Enquanto o processo de reassentamento das famílias para a desocupação das casas no bairro Farrapos ainda não é concluído, as obras não podem ser iniciadas. Apenas após a liberação total da área, a execução das obras nas alças de acesso, que são essenciais para o funcionamento da ponte, poderão ser concluídas.

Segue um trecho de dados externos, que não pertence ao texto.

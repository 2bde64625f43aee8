-- ===== src/Orchestration/Recorder.antt =====
-- backend/app/services/agents/run_recorder.py over the repositories of runs, steps and messages: each
-- function is given the row that the ORM holds, by its id.
use gummy_os.Common.{
  ℕ, suc, ◌+◌, max, String, Text, Bool, true, false, ◌==◌, List, [], ◌∷◌, ◌++◌, update, Option,
  none, some, if◌then◌else◌,
}
use gummy_os.Models.{RunTrigger, RunStatus, StepStatus, AgentMessageRole}
use gummy_os.Orchestration.{AgentRun, AgentStep, AgentMessage, Trace}

-- `set_status` stamps `finished_at` at an end.
unfoldable pub is_end : RunStatus → Bool
is_end RunStatus.running = false
is_end RunStatus.succeeded = true
is_end RunStatus.failed = true

-- `max(seq)` of a run's rows, or 0.
unfoldable max_step_seq : (run_id : ℕ) → List AgentStep → ℕ
max_step_seq run_id [] = 0
max_step_seq run_id (s ∷ rest) =
    let highest = max_step_seq run_id rest in
    if s.run_id == run_id then max s.seq highest else highest

unfoldable max_message_seq : (run_id : ℕ) → List AgentMessage → ℕ
max_message_seq run_id [] = 0
max_message_seq run_id (m ∷ rest) =
    let highest = max_message_seq run_id rest in
    if m.run_id == run_id then max m.seq highest else highest

module _ {L : Type 0} where
  unfoldable pub create_run :
      (user_id : ℕ) (conversation_id : Option ℕ) → RunTrigger → Trace L → ℕ × Trace L
  create_run user_id conversation_id trigger t = (
    t.next_id,
    record t {
      runs =
          t.runs
          ++ record {
            id = t.next_id;
            user_id = user_id;
            conversation_id = conversation_id;
            trigger = trigger;
            status = RunStatus.running;
            error = none;
            cost_tokens = 0;
            cost_usd = 0;
            finished = false;
          }
            ∷ [];
      next_id = suc t.next_id;
    },
  )

  unfoldable pub set_status : (run_id : ℕ) → RunStatus → (error : Option Text) → Trace L → Trace L
  unfolding is_end
  set_status run_id status error t = record t {
    runs =
        update (λ (r : AgentRun). r.id == run_id)
          (λ r. record r {
            status = status;
            error = error;
            finished = if is_end status then true else r.finished;
          })
          t.runs;
  }

  unfoldable pub add_cost : (run_id tokens usd : ℕ) → Trace L → Trace L
  add_cost run_id tokens usd t = record t {
    runs =
        update (λ (r : AgentRun). r.id == run_id)
          (λ r. record r { cost_tokens = r.cost_tokens + tokens; cost_usd = r.cost_usd + usd })
          t.runs;
  }

  unfoldable pub append_step : (run_id : ℕ) (agent_key : String) → Trace L → ℕ × Trace L
  unfolding max_step_seq
  append_step run_id agent_key t = (
    t.next_id,
    record t {
      steps =
          t.steps
          ++ record {
            id = t.next_id;
            run_id = run_id;
            agent_key = agent_key;
            seq = max_step_seq run_id t.steps + 1;
            status = StepStatus.running;
            error = none;
            cost_tokens = 0;
            cost_usd = 0;
            finished = false;
          }
            ∷ [];
      next_id = suc t.next_id;
    },
  )

  unfoldable pub finish_step :
      (step_id : ℕ) → StepStatus → (error : Option Text) (tokens usd : ℕ) → Trace L → Trace L
  finish_step step_id status error tokens usd t = record t {
    steps =
        update (λ (s : AgentStep). s.id == step_id)
          (λ s. record s {
            status = status;
            error = error;
            cost_tokens = tokens;
            cost_usd = usd;
            finished = true;
          })
          t.steps;
  }

  unfoldable pub append_message :
      (run_id : ℕ) (from_agent : String) (to_agent : Option String)
      → AgentMessageRole
      → Trace L
      → Trace L
  unfolding max_message_seq
  append_message run_id from_agent to_agent role t = record t {
    messages =
        t.messages
        ++ record {
          run_id = run_id;
          from_agent = from_agent;
          to_agent = to_agent;
          role = role;
          seq = max_message_seq run_id t.messages + 1;
        }
          ∷ [];
  }

  unfoldable pub open_run : (user_id : ℕ) (conversation_id : Option ℕ) → Trace L → ℕ × Trace L
  unfolding create_run
  open_run user_id conversation_id t = create_run user_id conversation_id RunTrigger.chat t

  unfoldable pub open_step : (run_id : ℕ) (agent_key : String) → Trace L → ℕ × Trace L
  unfolding append_step
  open_step run_id agent_key t = append_step run_id agent_key t

  unfoldable pub close_step_success : (run_id step_id tokens usd : ℕ) → Trace L → Trace L
  unfolding finish_step add_cost
  close_step_success run_id step_id tokens usd t =
      add_cost run_id tokens usd (finish_step step_id StepStatus.succeeded none tokens usd t)

  unfoldable pub close_step_failure : (step_id : ℕ) (error : Text) → Trace L → Trace L
  unfolding finish_step
  close_step_failure step_id error t = finish_step step_id StepStatus.failed (some error) 0 0 t

  unfoldable pub close_run_success : (run_id : ℕ) → Trace L → Trace L
  unfolding set_status
  close_run_success run_id t = set_status run_id RunStatus.succeeded none t

  unfoldable pub close_run_failure : (run_id : ℕ) (error : Text) → Trace L → Trace L
  unfolding set_status
  close_run_failure run_id error t = set_status run_id RunStatus.failed (some error) t

  -- The wrappers for a run of one step.
  unfoldable start_run :
      (user_id : ℕ) (agent_key : String) (conversation_id : Option ℕ)
      → RunTrigger
      → Trace L
      → (ℕ × ℕ) × Trace L
  unfolding create_run append_step
  start_run user_id agent_key conversation_id trigger t =
      let (run_id, t') = create_run user_id conversation_id trigger t in
      let (step_id, t'') = append_step run_id agent_key t' in ((run_id, step_id), t'')

  unfoldable finish_success : (run_id step_id tokens usd : ℕ) → Trace L → Trace L
  unfolding finish_step add_cost set_status
  finish_success run_id step_id tokens usd t =
      set_status run_id RunStatus.succeeded none
        (add_cost run_id tokens usd (finish_step step_id StepStatus.succeeded none tokens usd t))

  unfoldable finish_failure : (run_id step_id : ℕ) (error : Text) → Trace L → Trace L
  unfolding finish_step set_status
  finish_failure run_id step_id error t =
      set_status run_id RunStatus.failed (some error)
        (finish_step step_id StepStatus.failed (some error) 0 0 t)
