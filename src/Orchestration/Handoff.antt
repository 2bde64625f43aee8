-- ===== src/Orchestration/Handoff.antt =====
-- What one agent hands to the next: `_extract_findings` and `_build_handoff` of
-- backend/app/services/agents/orchestrator_service.py, and what the prompt reads of the scratch
-- (handlers/grounding.py). White space and digits are those of the Latin-1 range.
use gummy_os.Common.{
  ℕ, String, Text, strip, lstrip_of, is_decimal, is_digit_code, Bool, true, false, ◌&&◌, ◌||◌, ◌==◌,
  leb, ltb, List, [], ◌∷◌, ◌++◌, map, take, filter, length, none, some, if◌then◌else◌,
}
use gummy_os.Orchestration.{Output, AgentResult, AgentHandoff, Scratch}

abbrev pub max_handoff_findings : ℕ
max_handoff_findings = 6

abbrev pub max_finding_chars : ℕ
max_finding_chars = 220

-- A line break of `str.splitlines` in one code point.
unfoldable is_line_break : ℕ → Bool
is_line_break c = leb 10 c && leb c 13 || leb 28 c && leb c 30 || c == 133

-- `str.splitlines`; a carriage return takes the line feed after it along.
unfoldable pub split_lines : Text → List Text
unfolding is_line_break
split_lines [] = []
split_lines (c ∷ s) =
    let rest = split_lines s in
    if is_line_break c
    then elim s [ [] ↦ [] ∷ rest | d ∷ t ↦ if c == 13 && d == 10 then rest else [] ∷ rest ]
    else elim s [
      | [] ↦ (c ∷ []) ∷ []
      | d ∷ t ↦ elim rest [ [] ↦ (c ∷ []) ∷ [] | line ∷ more ↦ (c ∷ line) ∷ more ]
    ]

unfoldable pub is_bullet : ℕ → Bool
is_bullet c = c == 45 || c == 42 || c == 8226

-- `line[1] in ")."`
unfoldable pub is_number_mark : ℕ → Bool
is_number_mark c = c == 41 || c == 46

unfoldable pub is_numbered : Text → Bool
unfolding is_number_mark
is_numbered (a ∷ b ∷ c ∷ rest) = is_digit_code a && is_number_mark b
is_numbered line = false

unfoldable pub is_marked : Text → Bool
unfolding is_bullet is_numbered
is_marked [] = false
is_marked (a ∷ rest) = is_bullet a || is_numbered (a ∷ rest)

unfoldable pub is_mark : ℕ → Bool
unfolding is_bullet is_number_mark
is_mark c = is_bullet c || is_decimal c || is_number_mark c

-- What a line that is not blank adds.
unfoldable pub bullet_of : Text → List Text
unfolding is_marked is_mark
bullet_of line =
    let cleaned = strip (lstrip_of is_mark line) in
    if is_marked line && ltb 3 (length cleaned) then take max_finding_chars cleaned ∷ [] else []

-- The loop over the lines, with its `break`.
unfoldable pub collect_bullets : List Text → (lines : List Text) → List Text
unfolding bullet_of
collect_bullets bullets [] = bullets
collect_bullets bullets (raw ∷ rest) = elim (strip raw) [
  | [] ↦ collect_bullets bullets rest
  | c ∷ s ↦
      let kept = bullets ++ bullet_of (c ∷ s) in
      let further = collect_bullets kept rest in
      if leb max_handoff_findings (length kept) then kept else further
]

unfoldable add_code : ℕ → List Text → List Text
add_code c [] = (c ∷ []) ∷ []
add_code c (piece ∷ rest) = (c ∷ piece) ∷ rest

-- `reply.split(". ")`; `dot` is a full stop just before.
unfoldable pub split_sentences : (dot : Bool) → Text → List Text
unfolding add_code
split_sentences false [] = [] ∷ []
split_sentences true [] = (46 ∷ []) ∷ []
split_sentences false (c ∷ s) =
    let after_stop = split_sentences true s in
    let after_text = split_sentences false s in
    if c == 46 then after_stop else add_code c after_text
split_sentences true (c ∷ s) =
    let after_stop = split_sentences true s in
    let after_text = split_sentences false s in
    if c == 32
    then [] ∷ after_text
    else if c == 46
    then add_code 46 after_stop
    else add_code 46 (add_code c after_text)

unfoldable pub sentences_of : List Text → List Text
sentences_of pieces = filter (λ x. ltb 20 (length x)) (map strip pieces)

unfoldable pub extract_findings : (reply : Text) → List Text
unfolding split_lines collect_bullets split_sentences sentences_of
extract_findings reply = elim (collect_bullets [] (split_lines reply)) [
  | [] ↦ map (take max_finding_chars) (take 3 (sentences_of (split_sentences false reply)))
  | bullet ∷ more ↦ bullet ∷ more
]

unfoldable pub build_handoff : (source_agent target_agent : String) → AgentResult → AgentHandoff
unfolding extract_findings
build_handoff source_agent target_agent result = record {
  source_agent = source_agent;
  target_agent = target_agent;
  relevant_findings = extract_findings result.output.reply;
}

-- `AgentHandoff.render`, by its fields, or a bare digest.
pub data Finding : Type 0 where
  handed : AgentHandoff → Finding
  digest : Text → Finding

unfoldable pub digest_of : Output → List Finding
digest_of output = elim output.digest [
  | none ↦ []
  | some text ↦ elim text [ [] ↦ [] | c ∷ s ↦ Finding.digest (c ∷ s) ∷ [] ]
]

unfoldable pub finding_of : Scratch → List Finding
unfolding digest_of
finding_of entry = elim entry.handoff [
  | none ↦ digest_of entry.output
  | some handoff ↦ elim handoff.relevant_findings [
    | [] ↦ digest_of entry.output
    | finding ∷ more ↦ Finding.handed handoff ∷ []
  ]
]

unfoldable pub findings_of : (scratch : List Scratch) → List Finding
unfolding finding_of
findings_of [] = []
findings_of (entry ∷ rest) = finding_of entry ++ findings_of rest

-- The scratch that `orchestrate_stream` gives the last step.
unfoldable pub terminal_scratch : List (String × AgentResult) → List Scratch
terminal_scratch [] = []
terminal_scratch ((key, r) ∷ rest) =
    record { agent_key = key; output = r.output; handoff = none } ∷ terminal_scratch rest
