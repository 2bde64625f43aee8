-- ===== src/Orchestration/Steps.antt =====
-- The steps of a run (backend/app/services/agents/orchestrator_service.py): the guard of its caps, the
-- steps in order, and the branches that run at once. The agents' handlers are parameters, with the state
-- that they reach; `gather` is `asyncio.gather` over them.
use gummy_os.Common.{
  ℕ, ◌+◌, String, Text, codes, leb, ltb, List, [], ◌∷◌, ◌++◌, length, none, some, if◌then◌else◌,
  Result, ok, err,
}
use gummy_os.Models.{AgentMessageRole}
use gummy_os.Routing.{RouteStep}
use gummy_os.Orchestration.{Trace, AgentResult, AgentTask, Scratch}
use gummy_os.Orchestration.Recorder.{
  open_step, close_step_success, close_step_failure, append_message,
}
use gummy_os.Orchestration.Handoff.{build_handoff}

abbrev pub agent_max_run_steps : ℕ
agent_max_run_steps = 8

abbrev agent_max_run_cost_tokens : ℕ
agent_max_run_cost_tokens = 60000

abbrev orchestrator_actor : String
orchestrator_actor = "orchestrator"

pub record RunGuard : Type 0 where
  pub steps : ℕ
  pub cost_tokens : ℕ

unfoldable pub check_before_dispatch : (branch_count : ℕ) → RunGuard → Result Text (Unit {0})
check_before_dispatch branch_count guard =
    if ltb agent_max_run_steps (guard.steps + branch_count)
    then err (codes "run step cap reached (8)")
    else if leb agent_max_run_cost_tokens guard.cost_tokens
    then err (codes "run cost cap reached (60000 tokens)")
    else ok tt

unfoldable pub record_result : AgentResult → RunGuard → RunGuard
record_result result guard = record guard {
  steps = guard.steps + 1;
  cost_tokens = guard.cost_tokens + result.tokens;
}

-- `route_step.intent or message`
unfoldable pub intent_of : (message : Text) → RouteStep → Text
intent_of message step = elim step.intent [
  | none ↦ message
  | some text ↦ elim text [ [] ↦ message | c ∷ s ↦ c ∷ s ]
]

abbrev pub Results : Type 0
Results = List (String × AgentResult)

-- The agent that the hand-off is for, or "".
unfoldable next_agent : List RouteStep → String
next_agent [] = ""
next_agent (step ∷ rest) = step.agent_key

unfoldable hand_over : (agent_key : String) → AgentResult → (rest : List RouteStep) → Scratch
unfolding build_handoff next_agent
hand_over agent_key result rest = record {
  agent_key = agent_key;
  output = result.output;
  handoff = some (build_handoff agent_key (next_agent rest) result);
}

pub record Branch : Type 0 where
  pub agent_key : String
  pub intent : Text
  pub step_id : ℕ

pub record Gathered : Type 0 where
  pub guard : RunGuard
  pub results : Results
  pub failures : List (String × Text)

unfoldable pub note_outcome : Branch → Result Text AgentResult → Gathered → Gathered
unfolding record_result
note_outcome b (err e) g = record g { failures = g.failures ++ (b.agent_key, e) ∷ [] }
note_outcome b (ok result) g = record g {
  guard = record_result result g.guard;
  results = g.results ++ (b.agent_key, result) ∷ [];
}

unfoldable pub branch_tasks : (run_id : ℕ) → List Branch → List AgentTask
branch_tasks run_id [] = []
branch_tasks run_id (b ∷ rest) =
    record { run_id = run_id; agent_key = b.agent_key; intent = b.intent; scratch = [] }
    ∷ branch_tasks run_id rest

unfoldable failure_details : List (String × Text) → Text
failure_details [] = []
failure_details ((key, error) ∷ []) = codes key ++ codes ": " ++ error
failure_details ((key, error) ∷ next ∷ rest) =
    codes key ++ codes ": " ++ error ++ codes "; " ++ failure_details (next ∷ rest)

unfoldable pub some_result : Gathered → Result Text Gathered
unfolding failure_details
some_result g = elim g.results [
  | [] ↦ err (codes "all parallel branches failed: " ++ failure_details g.failures)
  | r ∷ more ↦ ok g
]

module _ {L : Type 0} where
  -- A step is opened, and its task sent.
  unfoldable pub begin_step : (run_id : ℕ) (agent_key : String) → Trace L → ℕ × Trace L
  unfolding open_step append_message
  begin_step run_id agent_key t =
      let (step_id, t') = open_step run_id agent_key t in
      (step_id, append_message run_id orchestrator_actor (some agent_key) AgentMessageRole.task t')

  unfoldable pub fail_step :
      (run_id : ℕ) (agent_key : String) (step_id : ℕ) (error : Text) → Trace L → Trace L
  unfolding close_step_failure append_message
  fail_step run_id agent_key step_id error t =
      append_message run_id agent_key none AgentMessageRole.error
        (close_step_failure step_id error t)

  unfoldable pub pass_step :
      (run_id : ℕ) (agent_key : String) (step_id : ℕ) → AgentResult → Trace L → Trace L
  unfolding close_step_success append_message
  pass_step run_id agent_key step_id result t =
      append_message run_id agent_key none AgentMessageRole.result
        (close_step_success run_id step_id result.tokens result.usd t)

  -- A step is closed by how its agent ended.
  unfoldable pub close_step :
      (run_id : ℕ) (agent_key : String) (step_id : ℕ) → Result Text AgentResult → Trace L → Trace L
  unfolding fail_step pass_step
  close_step run_id agent_key step_id (err error) t = fail_step run_id agent_key step_id error t
  close_step run_id agent_key step_id (ok result) t = pass_step run_id agent_key step_id result t

  module _ (dispatch : AgentTask → L → Result Text AgentResult × L) (run_id : ℕ)
      (message : Text) where
    -- One turn of the loop, past the guard.
    unfoldable pub run_step :
        RouteStep → (scratch : List Scratch) → Trace L → Result Text AgentResult × Trace L
    unfolding intent_of begin_step close_step
    run_step route_step scratch t =
        let key = route_step.agent_key in
        let (step_id, opened) = begin_step run_id key t in
        let (outcome, l) =
          dispatch
            record {
              run_id = run_id;
              agent_key = key;
              intent = intent_of message route_step;
              scratch = scratch;
            }
            opened.handlers in
        (outcome, close_step run_id key step_id outcome record opened { handlers = l })

    unfoldable pub run_sequential :
        List RouteStep
        → (scratch : List Scratch) (results : Results) → RunGuard
        → Trace L
        → Result Text (Results × RunGuard) × Trace L
    unfolding check_before_dispatch record_result run_step hand_over
    run_sequential [] scratch results guard t = (ok (results, guard), t)
    run_sequential (route_step ∷ rest) scratch results guard t =
        elim (check_before_dispatch 1 guard) [
          | err e ↦ (err e, t)
          | ok checked ↦
              let (outcome, ran) = run_step route_step scratch t in
              elim outcome [
                | err e ↦ (err e, ran)
                | ok result ↦
                    run_sequential rest (scratch ++ hand_over route_step.agent_key result rest ∷ [])
                      (results ++ (route_step.agent_key, result) ∷ []) (record_result result guard)
                      ran
              ]
        ]

  module _ (run_id : ℕ) where
    unfoldable pub open_branches :
        (message : Text) → List RouteStep → Trace L → List Branch × Trace L
    unfolding begin_step intent_of
    open_branches message [] t = ([], t)
    open_branches message (route_step ∷ rest) t =
        let (step_id, opened) = begin_step run_id route_step.agent_key t in
        let (branches, last) = open_branches message rest opened in
        (
          record {
            agent_key = route_step.agent_key;
            intent = intent_of message route_step;
            step_id = step_id;
          }
              ∷ branches,
          last,
        )

    -- `zip(..., strict=True)` raises when one of the lists is shorter.
    unfoldable pub close_branches :
        List Branch
        → (outcomes : List (Result Text AgentResult)) → Gathered
        → Trace L
        → Result Text Gathered × Trace L
    unfolding note_outcome close_step
    close_branches [] [] g t = (ok g, t)
    close_branches [] (o ∷ more) g t = (err (codes "zip() argument 2 is longer than argument 1"), t)
    close_branches (b ∷ rest) [] g t =
        (err (codes "zip() argument 2 is shorter than argument 1"), t)
    close_branches (b ∷ rest) (outcome ∷ more) g t =
        close_branches rest more (note_outcome b outcome g)
          (close_step run_id b.agent_key b.step_id outcome t)

  unfoldable pub run_parallel :
      (gather : List AgentTask → L → List (Result Text AgentResult) × L) (run_id : ℕ)
      (message : Text)
      → List RouteStep
      → RunGuard
      → Trace L
      → Result Text Gathered × Trace L
  unfolding check_before_dispatch open_branches branch_tasks close_branches some_result
  run_parallel gather run_id message steps guard t =
      elim (check_before_dispatch (length steps) guard) [
        | err e ↦ (err e, t)
        | ok checked ↦
            let (branches, opened) = open_branches run_id message steps t in
            let (outcomes, l) = gather (branch_tasks run_id branches) opened.handlers in
            let (closed, last) =
              close_branches run_id branches outcomes
                record { guard = guard; results = []; failures = [] }
                record opened { handlers = l } in
            elim closed [ err e ↦ (err e, last) | ok g ↦ (some_result g, last) ]
      ]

A estrutura de concreto inacabada sobre uma das principais vias de entrada da Capital já faz parte da paisagem de quem circula pelo local. Mas o cenário mostra que a obra, que começou há mais de 10 anos, está longe de terminar. A assinatura deveria ter ocorrido em maio, e o atraso se deu, em parte, por necessidade de readequação orçamentária, segundo o Dnit. O cronograma de trabalhos, de responsabilidade do consórcio vencedor, ainda precisa ser apresentado. Eles serão executados pela empresa gaúcha Construtora Cidade e pela paranaense Arteleste Construções, que formam o consórcio Ponte Guaíba.
Em vilas como Tio Zeca e Areia, terrenos vazios mostram o cenário do processo de demolição para o reassentamento para as famílias. Ainda há muitos imóveis que precisam ser desocupados, principalmente na vila Cobal. Ao todo, devem ser feitas as demolições de 625 imóveis no bairro Farrapos. O Dnit informou que a maior parte do território da área das obras já está sob responsabilidade da autarquia, com todas as benfeitorias devidamente demolidas nesta porção. Mas restam, ainda, 70 edificações a serem demolidas para a conclusão do processo.
O reassentamento das famílias atingidas pelos eventos climáticos de 2024, incluindo aquelas cuja realocação é necessária para viabilizar a execução das obras, está sendo realizado no âmbito da Portaria MCID nº 682/2024, por meio do Programa Minha Casa Minha Vida (PMCMV) – Reconstrução RS, executado pelo Departamento Municipal de Habitação (Demhab), pela Caixa Econômica Federal e pela Secretaria Nacional da Habitação (SNH), além do atendimento no âmbito do Programa Estadia-Ponte (convênio entre Estado e a prefeitura). Segundo o Demhab, até o momento, há 61 benefícios ativos, destinados às famílias que estão em processo de aquisição do imível pela Caixa Econômica Federal e às famílias classificadas para atendimento pelo programa Fundo de Arrendamento Residencial (FAR), fundo financeiro mantido com recursos públicos do Governo Federal para financiar programas de habitação popular.
O benefício de aluguel social do Estadia-Ponte compreende o repasse de R$ 1 mil por família por até 24 meses, e que podem ser prorrogados. É dado àquelas que precisam sair de suas casas mas que, por diferentes razões, ainda não conseguiram ser contempladas com o programa, com o objetivo de permitir que aqueles que ainda vivem na área onde será construída a quinta das oito alças da ponte possam morar em outro lugar até receberem as moradias definitivas.